**PROBLEM TO WORK ON**
Restate the records exactly. Include all of them.

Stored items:
________

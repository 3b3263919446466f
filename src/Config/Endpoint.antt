-- ===== src/Config/Endpoint.antt =====
-- `parse_dns_retries` and `parse_endpoint` of config.c. With a number of retries the loop is a
-- recursion on that number. With "infinity" it may run for ever: it is followed for as many answers
-- as the fuel says, and `hang` means that all of them were transient failures.
pub mod Laws
pub mod Retries
use router1_app.Prelude.{
  ℕ, zero, suc, ◌+◌, ◌-◌, ◌*◌, ◌/◌, ◌^◌, Bool, true, false, not, ◌||◌, Option, none, some, List, [],
  ◌∷◌, ltb, ◌==◌, if◌then◌else◌, Bytes, codes, Outcome, ◌>>=◌, ◌>>◌, ok, fail, exit, hang, length,
  drop,
}
use router1_app.Libc.{char_at, strcmp_eq, split_first, split_last, strtoul}
use router1_app.Containers.{SockAddr}
use router1_app.Config.Host.{
  GaiError, Resolved, Host, eai_noname, eai_fail, eai_nodata, eai_again, eai_system, found, error,
}
use router1_app.Config.Values.{known_family, at_end}

-- -1, for ever, is `none`.
unfoldable pub parse_dns_retries : Host → Outcome (Option ℕ)
unfolding strcmp_eq
parse_dns_retries h = elim (h.retries_variable) [
  | none ↦ ok (some 15)
  | some retries ↦
      if strcmp_eq retries (codes "infinity")
      then ok none
      else let (ret, end) = strtoul retries 10 in
        if not (at_end end) || ltb (2 ^ 31 - 1) ret then exit else ok (some ret)
]

-- The host and the port of an endpoint: `begin` and `end`.
pub record HostPort : Type 0 where
  pub host : Bytes
  pub port : Bytes

abbrev bracketed : Option (Bytes × Bytes) → Outcome HostPort
bracketed none = fail
bracketed (some (before, [])) = fail
bracketed (some (before, c ∷ [])) = fail
bracketed (some (before, c ∷ d ∷ port)) =
    if c == b':' then ok (record { host = drop 1 before; port = d ∷ port }) else fail

abbrev plain : Option (Bytes × Bytes) → Outcome HostPort
plain none = fail
plain (some (before, [])) = fail
plain (some (before, d ∷ port)) = ok (record { host = before; port = d ∷ port })

unfoldable pub split_endpoint : Bytes → Outcome HostPort
unfolding split_first split_last
split_endpoint value =
    if length value == 0
    then fail
    else if char_at value 0 == b'['
    then bracketed (split_first b']' value)
    else plain (split_last b':' value)

abbrev pub is_permanent : GaiError → Bool
is_permanent eai_noname = true
is_permanent eai_fail = true
is_permanent eai_nodata = true
is_permanent eai_again = false
is_permanent eai_system = false

-- In microseconds.
abbrev pub next_timeout : ℕ → ℕ
next_timeout timeout =
    let longer = timeout * 6 / 5 in if ltb 20000000 longer then 20000000 else longer

-- What the loop comes to, and the times for which it slept.
pub record Attempt : Type 0 where
  pub answer : Outcome Resolved
  pub sleeps : List ℕ

abbrev pub slept : ℕ → Attempt → Attempt
slept timeout a = record { answer = a.answer; sleeps = timeout ∷ a.sleeps }

abbrev pub stop : Outcome Resolved → Attempt
stop answer = record { answer = answer; sleeps = [] }

-- The loop with a number of retries, from the n-th call on.
unfoldable pub resolve : Host → HostPort → ℕ → ℕ → ℕ → Attempt
resolve h e n zero timeout = elim (h.getaddrinfo n (some e.host) e.port) [
  | found r ↦ stop (ok r)
  | error x ↦ stop fail
]
resolve h e n (suc retries) timeout = elim (h.getaddrinfo n (some e.host) e.port) [
  | found r ↦ stop (ok r)
  | error x ↦ elim (is_permanent x) [
    | true ↦ stop fail
    | false ↦ slept timeout (resolve h e (n + 1) retries (next_timeout timeout))
  ]
]

-- The loop without a limit, for as many calls as `fuel` says.
unfoldable pub resolve_forever : Host → HostPort → ℕ → ℕ → ℕ → Attempt
resolve_forever h e n zero timeout = stop hang
resolve_forever h e n (suc fuel) timeout = elim (h.getaddrinfo n (some e.host) e.port) [
  | found r ↦ stop (ok r)
  | error x ↦ elim (is_permanent x) [
    | true ↦ stop fail
    | false ↦ slept timeout (resolve_forever h e (n + 1) fuel (next_timeout timeout))
  ]
]

abbrev pub resolve_with : Host → ℕ → HostPort → Option ℕ → Attempt
resolve_with h fuel e none = resolve_forever h e 0 fuel 1000000
resolve_with h fuel e (some retries) = resolve h e 0 retries 1000000

-- The address that is copied into the peer.
unfoldable pub parse_endpoint : Host → ℕ → Bytes → Outcome SockAddr
unfolding parse_dns_retries split_endpoint resolve resolve_forever known_family
parse_endpoint h fuel value = do
  retries ← parse_dns_retries h
  e ← split_endpoint value
  r ← (resolve_with h fuel e retries).answer
  if known_family h r then ok r.ai_addr else fail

________

**EXERCISE RESULT**
repository 3b3263919446466f
filename src/Config/Endpoint.antt
-- ===== src/Config/Endpoint.antt =====
-- `parse_dns_retries` and `parse_endpoint` of config.c. With a number of retries the loop is a
-- recursion on that number. With "infinity" it may run for ever: it is followed for as many answers
-- as the fuel says, and `hang` means that all of them were transient failures.
pub mod Laws
pub mod Retries
use router1_app.Prelude.{
  ℕ, zero, suc, ◌+◌, ◌-◌, ◌*◌, ◌/◌, ◌^◌, Bool, true, false, not, ◌||◌, Option, none, some, List, [],
  ◌∷◌, ltb, ◌==◌, if◌then◌else◌, Bytes, codes, Outcome, ◌>>=◌, ◌>>◌, ok, fail, exit, hang, length,
  drop,
}
use router1_app.Libc.{char_at, strcmp_eq, split_first, split_last, strtoul}
use router1_app.Containers.{SockAddr}
use router1_app.Config.Host.{
  GaiError, Resolved, Host, eai_noname, eai_fail, eai_nodata, eai_again, eai_system, found, error,
}
use router1_app.Config.Values.{known_family, at_end}

-- -1, for ever, is `none`.
unfoldable pub parse_dns_retries : Host → Outcome (Option ℕ)
unfolding strcmp_eq
parse_dns_retries h = elim (h.retries_variable) [
  | none ↦ ok (some 15)
  | some retries ↦
      if strcmp_eq retries (codes "infinity")
      then ok none
      else let (ret, end) = strtoul retries 10 in
        if not (at_end end) || ltb (2 ^ 31 - 1) ret then exit else ok (some ret)
]

-- The host and the port of an endpoint: `begin` and `end`.
pub record HostPort : Type 0 where
  pub host : Bytes
  pub port : Bytes

abbrev bracketed : Option (Bytes × Bytes) → Outcome HostPort
bracketed none = fail
bracketed (some (before, [])) = fail
bracketed (some (before, c ∷ [])) = fail
bracketed (some (before, c ∷ d ∷ port)) =
    if c == b':' then ok (record { host = drop 1 before; port = d ∷ port }) else fail

abbrev plain : Option (Bytes × Bytes) → Outcome HostPort
plain none = fail
plain (some (before, [])) = fail
plain (some (before, d ∷ port)) = ok (record { host = before; port = d ∷ port })

unfoldable pub split_endpoint : Bytes → Outcome HostPort
unfolding split_first split_last
split_endpoint value =
    if length value == 0
    then fail
    else if char_at value 0 == b'['
    then bracketed (split_first b']' value)
    else plain (split_last b':' value)

abbrev pub is_permanent : GaiError → Bool
is_permanent eai_noname = true
is_permanent eai_fail = true
is_permanent eai_nodata = true
is_permanent eai_again = false
is_permanent eai_system = false

-- In microseconds.
abbrev pub next_timeout : ℕ → ℕ
next_timeout timeout =
    let longer = timeout * 6 / 5 in if ltb 20000000 longer then 20000000 else longer

-- What the loop comes to, and the times for which it slept.
pub record Attempt : Type 0 where
  pub answer : Outcome Resolved
  pub sleeps : List ℕ

abbrev pub slept : ℕ → Attempt → Attempt
slept timeout a = record { answer = a.answer; sleeps = timeout ∷ a.sleeps }

abbrev pub stop : Outcome Resolved → Attempt
stop answer = record { answer = answer; sleeps = [] }

-- The loop with a number of retries, from the n-th call on.
unfoldable pub resolve : Host → HostPort → ℕ → ℕ → ℕ → Attempt
resolve h e n zero timeout = elim (h.getaddrinfo n (some e.host) e.port) [
  | found r ↦ stop (ok r)
  | error x ↦ stop fail
]
resolve h e n (suc retries) timeout = elim (h.getaddrinfo n (some e.host) e.port) [
  | found r ↦ stop (ok r)
  | error x ↦ elim (is_permanent x) [
    | true ↦ stop fail
    | false ↦ slept timeout (resolve h e (n + 1) retries (next_timeout timeout))
  ]
]

-- The loop without a limit, for as many calls as `fuel` says.
unfoldable pub resolve_forever : Host → HostPort → ℕ → ℕ → ℕ → Attempt
resolve_forever h e n zero timeout = stop hang
resolve_forever h e n (suc fuel) timeout = elim (h.getaddrinfo n (some e.host) e.port) [
  | found r ↦ stop (ok r)
  | error x ↦ elim (is_permanent x) [
    | true ↦ stop fail
    | false ↦ slept timeout (resolve_forever h e (n + 1) fuel (next_timeout timeout))
  ]
]

abbrev pub resolve_with : Host → ℕ → HostPort → Option ℕ → Attempt
resolve_with h fuel e none = resolve_forever h e 0 fuel 1000000
resolve_with h fuel e (some retries) = resolve h e 0 retries 1000000

-- The address that is copied into the peer.
unfoldable pub parse_endpoint : Host → ℕ → Bytes → Outcome SockAddr
unfolding parse_dns_retries split_endpoint resolve resolve_forever known_family
parse_endpoint h fuel value = do
  retries ← parse_dns_retries h
  e ← split_endpoint value
  r ← (resolve_with h fuel e retries).answer
  if known_family h r then ok r.ai_addr else fail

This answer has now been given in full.